(Collected data entries)
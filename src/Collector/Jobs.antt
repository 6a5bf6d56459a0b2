-- ===== src/Collector/Jobs.antt =====
-- The jobs of collector/scheduler.py: collect within a time limit, then write in one unit of work.
pub mod Outcomes
use pg_monitor.Prelude.{ℕ, String, Bool, if◌then◌else◌}
use pg_monitor.Exn.{
  Result, ok, err, cancelled_error, timeout_error, is_collector_error, is_storage_error,
  is_timeout_error,
}
use pg_monitor.Collector.Models.{Objects, FloatObjects}
use pg_monitor.Collector.Context.{
  Profile, runtime, queries, Context, log_event, collector_job_failed,
  collector_snapshot_write_failed, collector_job_timeout, collector_job_completed,
}
use pg_monitor.Collector.Service.{CollectorRepository, collect_runtime_once, collect_queries_once}
use pg_monitor.Storage.Session.{Session, Db}
use pg_monitor.Storage.Uow.{with_uow}
use pg_monitor.Storage.Queries.Write.{write_query_snapshot}
use pg_monitor.Storage.Runtime.Write.{write_runtime_snapshot}

-- What a job works on.
pub record World (F : Type 0) : Type 0 where
  pub context : Context
  pub session : Session F

-- `asyncio.wait_for(coroutine, timeout)`: when the time is up the coroutine is cancelled, and its
-- cancellation comes out as a TimeoutError.
unfoldable pub wait_for : {A : Type 0} → Bool → Result A → Result A
wait_for expired (ok a) = ok a
wait_for expired (err cancelled_error) = if expired then err timeout_error else err cancelled_error
wait_for expired (err e) = err e

module _ {F : Type 0} where
  log_in : World F → (Context → Context) → World F
  log_in w f = record w { context = f w.context }

  -- The `except` clauses, in their order, and the log entry behind them.
  unfoldable pub end_job : Profile → String → Result ℕ → World F → Result (Unit {0}) × World F
  unfolding log_in log_event
  end_job profile db (ok rows_written) w =
      (ok tt, log_in w (log_event (collector_job_completed profile db rows_written)))
  end_job profile db (err e) w =
      if is_collector_error e
      then (ok tt, log_in w (log_event (collector_job_failed profile)))
      else if is_storage_error e
      then (ok tt, log_in w (log_event (collector_snapshot_write_failed profile)))
      else if is_timeout_error e
      then (ok tt, log_in w (log_event (collector_job_timeout profile)))
      else (err e, w)

  -- `async with uow: write(snapshot)` for a snapshot that was collected.
  store_snapshot :
      {A : Type 0}
      → Profile
      → (A → String)
      → (A → Db F ℕ)
      → Result A
      → World F
      → Result (Unit {0}) × World F
  unfolding end_job with_uow
  store_snapshot profile db write (err e) w = end_job profile "" (err e) w
  store_snapshot profile db write (ok snapshot) w =
      let (written, s') = with_uow (write snapshot) w.session in
      end_job profile (db snapshot) written (record w { session = s' })

  unfoldable pub run_job :
      {A : Type 0}
      → Profile
      → (A → String)
      → (A → Db F ℕ)
      → Bool
      → (Context → Result A × Context)
      → World F
      → Result (Unit {0}) × World F
  unfolding store_snapshot wait_for
  run_job profile db write expired collect w =
      let (collected, c') = collect w.context in
      store_snapshot profile db write (wait_for expired collected) (record w { context = c' })

module _ {F V : Type 0} ⦃py : Objects V⦄ ⦃fp : FloatObjects F V⦄
    (repository : CollectorRepository V) where
  -- _run_runtime_job: `expired` says whether the time limit cancels the collection.
  unfoldable pub run_runtime_job : ℕ → String → Bool → World F → Result (Unit {0}) × World F
  unfolding run_job collect_runtime_once write_runtime_snapshot
  run_runtime_job now uuid expired =
      run_job runtime (λ r. r.db_identifier) write_runtime_snapshot expired
        (collect_runtime_once repository now uuid)

  -- _run_queries_job
  unfoldable pub run_queries_job : ℕ → String → Bool → World F → Result (Unit {0}) × World F
  unfolding run_job collect_queries_once write_query_snapshot
  run_queries_job now uuid expired =
      run_job queries (λ r. r.db_identifier) write_query_snapshot expired
        (collect_queries_once repository now uuid)
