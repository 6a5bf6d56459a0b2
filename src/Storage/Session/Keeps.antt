-- ===== src/Storage/Session/Keeps.antt =====
-- What steps of a session leave alone, for the repositories of storage/repositories.py.
use pg_monitor.Prelude.{◌≡◌, refl, ◌∙◌, Bool, true, false, List, [], ◌∷◌}
use pg_monitor.Exn.{Result, ok, err}
use pg_monitor.Storage.Orm.{Tables}
use pg_monitor.Storage.Session.{Session, Db, continue, statement, select, update, ◌>>=◌, ◌>>◌}

-- The session that `m` leaves has the same committed tables, and the unit of work still holds it.
pub record Kept {F : Type 0} (s s' : Session F) : Type 0 where
  pub not_committed : s'.committed ≡ s.committed
  pub still_entered : s'.entered ≡ s.entered

abbrev pub Keeps : {F A : Type 0} → Db F A → Type 0
Keeps {F} m = (s : Session F) → Kept s (m s).1

pub same-Kept : {F : Type 0} (s : Session F) → Kept s s
same-Kept s = record { not_committed = refl; still_entered = refl }

module _ {F A B : Type 0} where
  continue-Keeps :
      (r : Result A) (f : A → Db F B) (s s' : Session F)
      → Kept s s'
      → ((a : A) → Keeps (f a))
      → Kept s (continue r f s').1
  continue-Keeps (ok a) f s s' k h = record {
    not_committed = (h a s').not_committed ∙ k.not_committed;
    still_entered = (h a s').still_entered ∙ k.still_entered;
  }
  continue-Keeps (err e) f s s' k h = k

  pub >>=-Keeps :
      (m : Db F A) (f : A → Db F B) → Keeps m → ((a : A) → Keeps (f a)) → Keeps (m >>= f)
  >>=-Keeps m f k h s = continue-Keeps (m s).0 f s (m s).1 (k s) h

  pub >>-Keeps : (m : Db F A) (n : Db F B) → Keeps m → Keeps n → Keeps (m >> n)
  >>-Keeps m n k h = >>=-Keeps m (λ _. n) k (λ _. h)

module _ {F : Type 0} where
  statement_cases : (s : Session F) (l : List Bool) → Kept s (statement (record s { faults = l })).1
  unfolding statement
  statement_cases s [] = record { not_committed = refl; still_entered = refl }
  statement_cases s (true ∷ l) = record { not_committed = refl; still_entered = refl }
  statement_cases s (false ∷ l) = record { not_committed = refl; still_entered = refl }

  pub statement-Keeps : Keeps (statement {F = F})
  statement-Keeps s = statement_cases s s.faults

  pub select-Keeps : {A : Type 0} (query : Tables F → A) → Keeps (select query)
  unfolding select
  select-Keeps query =
      >>-Keeps statement (λ s. (ok (query s.tables), s)) statement-Keeps (λ s. same-Kept s)

  pub update-Keeps : (change : Tables F → Tables F) → Keeps (update change)
  unfolding update
  update-Keeps change =
      >>-Keeps statement (λ s. (ok tt, record s { tables = change s.tables })) statement-Keeps
        (λ s. record { not_committed = refl; still_entered = refl })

### [TRY IT]
Would you please transcribe the records above in full and exactly?

### [SOLUTION FOR THIS TASK]
filename src/Collector/Jobs.antt
repository 6a5bf6d56459a0b2
-- ===== src/Collector/Jobs.antt =====
-- The jobs of collector/scheduler.py: collect within a time limit, then write in one unit of work.
pub mod Outcomes
use pg_monitor.Prelude.{ℕ, String, Bool, if◌then◌else◌}
use pg_monitor.Exn.{
  Result, ok, err, cancelled_error, timeout_error, is_collector_error, is_storage_error,
  is_timeout_error,
}
use pg_monitor.Collector.Models.{Objects, FloatObjects}
use pg_monitor.Collector.Context.{
  Profile, runtime, queries, Context, log_event, collector_job_failed,
  collector_snapshot_write_failed, collector_job_timeout, collector_job_completed,
}
use pg_monitor.Collector.Service.{CollectorRepository, collect_runtime_once, collect_queries_once}
use pg_monitor.Storage.Session.{Session, Db}
use pg_monitor.Storage.Uow.{with_uow}
use pg_monitor.Storage.Queries.Write.{write_query_snapshot}
use pg_monitor.Storage.Runtime.Write.{write_runtime_snapshot}

-- What a job works on.
pub record World (F : Type 0) : Type 0 where
  pub context : Context
  pub session : Session F

-- `asyncio.wait_for(coroutine, timeout)`: when the time is up the coroutine is cancelled, and its
-- cancellation comes out as a TimeoutError.
unfoldable pub wait_for : {A : Type 0} → Bool → Result A → Result A
wait_for expired (ok a) = ok a
wait_for expired (err cancelled_error) = if expired then err timeout_error else err cancelled_error
wait_for expired (err e) = err e

module _ {F : Type 0} where
  log_in : World F → (Context → Context) → World F
  log_in w f = record w { context = f w.context }

  -- The `except` clauses, in their order, and the log entry behind them.
  unfoldable pub end_job : Profile → String → Result ℕ → World F → Result (Unit {0}) × World F
  unfolding log_in log_event
  end_job profile db (ok rows_written) w =
      (ok tt, log_in w (log_event (collector_job_completed profile db rows_written)))
  end_job profile db (err e) w =
      if is_collector_error e
      then (ok tt, log_in w (log_event (collector_job_failed profile)))
      else if is_storage_error e
      then (ok tt, log_in w (log_event (collector_snapshot_write_failed profile)))
      else if is_timeout_error e
      then (ok tt, log_in w (log_event (collector_job_timeout profile)))
      else (err e, w)

  -- `async with uow: write(snapshot)` for a snapshot that was collected.
  store_snapshot :
      {A : Type 0}
      → Profile
      → (A → String)
      → (A → Db F ℕ)
      → Result A
      → World F
      → Result (Unit {0}) × World F
  unfolding end_job with_uow
  store_snapshot profile db write (err e) w = end_job profile "" (err e) w
  store_snapshot profile db write (ok snapshot) w =
      let (written, s') = with_uow (write snapshot) w.session in
      end_job profile (db snapshot) written (record w { session = s' })

  unfoldable pub run_job :
      {A : Type 0}
      → Profile
      → (A → String)
      → (A → Db F ℕ)
      → Bool
      → (Context → Result A × Context)
      → World F
      → Result (Unit {0}) × World F
  unfolding store_snapshot wait_for
  run_job profile db write expired collect w =
      let (collected, c') = collect w.context in
      store_snapshot profile db write (wait_for expired collected) (record w { context = c' })

module _ {F V : Type 0} ⦃py : Objects V⦄ ⦃fp : FloatObjects F V⦄
    (repository : CollectorRepository V) where
  -- _run_runtime_job: `expired` says whether the time limit cancels the collection.
  unfoldable pub run_runtime_job : ℕ → String → Bool → World F → Result (Unit {0}) × World F
  unfolding run_job collect_runtime_once write_runtime_snapshot
  run_runtime_job now uuid expired =
      run_job runtime (λ r. r.db_identifier) write_runtime_snapshot expired
        (collect_runtime_once repository now uuid)

  -- _run_queries_job
  unfoldable pub run_queries_job : ℕ → String → Bool → World F → Result (Unit {0}) × World F
  unfolding run_job collect_queries_once write_query_snapshot
  run_queries_job now uuid expired =
      run_job queries (λ r. r.db_identifier) write_query_snapshot expired
        (collect_queries_once repository now uuid)
repository 6a5bf6d56459a0b2
filename src/Storage/Session/Keeps.antt
-- ===== src/Storage/Session/Keeps.antt =====
-- What steps of a session leave alone, for the repositories of storage/repositories.py.
use pg_monitor.Prelude.{◌≡◌, refl, ◌∙◌, Bool, true, false, List, [], ◌∷◌}
use pg_monitor.Exn.{Result, ok, err}
use pg_monitor.Storage.Orm.{Tables}
use pg_monitor.Storage.Session.{Session, Db, continue, statement, select, update, ◌>>=◌, ◌>>◌}

-- The session that `m` leaves has the same committed tables, and the unit of work still holds it.
pub record Kept {F : Type 0} (s s' : Session F) : Type 0 where
  pub not_committed : s'.committed ≡ s.committed
  pub still_entered : s'.entered ≡ s.entered

abbrev pub Keeps : {F A : Type 0} → Db F A → Type 0
Keeps {F} m = (s : Session F) → Kept s (m s).1

pub same-Kept : {F : Type 0} (s : Session F) → Kept s s
same-Kept s = record { not_committed = refl; still_entered = refl }

module _ {F A B : Type 0} where
  continue-Keeps :
      (r : Result A) (f : A → Db F B) (s s' : Session F)
      → Kept s s'
      → ((a : A) → Keeps (f a))
      → Kept s (continue r f s').1
  continue-Keeps (ok a) f s s' k h = record {
    not_committed = (h a s').not_committed ∙ k.not_committed;
    still_entered = (h a s').still_entered ∙ k.still_entered;
  }
  continue-Keeps (err e) f s s' k h = k

  pub >>=-Keeps :
      (m : Db F A) (f : A → Db F B) → Keeps m → ((a : A) → Keeps (f a)) → Keeps (m >>= f)
  >>=-Keeps m f k h s = continue-Keeps (m s).0 f s (m s).1 (k s) h

  pub >>-Keeps : (m : Db F A) (n : Db F B) → Keeps m → Keeps n → Keeps (m >> n)
  >>-Keeps m n k h = >>=-Keeps m (λ _. n) k (λ _. h)

module _ {F : Type 0} where
  statement_cases : (s : Session F) (l : List Bool) → Kept s (statement (record s { faults = l })).1
  unfolding statement
  statement_cases s [] = record { not_committed = refl; still_entered = refl }
  statement_cases s (true ∷ l) = record { not_committed = refl; still_entered = refl }
  statement_cases s (false ∷ l) = record { not_committed = refl; still_entered = refl }

  pub statement-Keeps : Keeps (statement {F = F})
  statement-Keeps s = statement_cases s s.faults

  pub select-Keeps : {A : Type 0} (query : Tables F → A) → Keeps (select query)
  unfolding select
  select-Keeps query =
      >>-Keeps statement (λ s. (ok (query s.tables), s)) statement-Keeps (λ s. same-Kept s)

  pub update-Keeps : (change : Tables F → Tables F) → Keeps (update change)
  unfolding update
  update-Keeps change =
      >>-Keeps statement (λ s. (ok tt, record s { tables = change s.tables })) statement-Keeps
        (λ s. record { not_committed = refl; still_entered = refl })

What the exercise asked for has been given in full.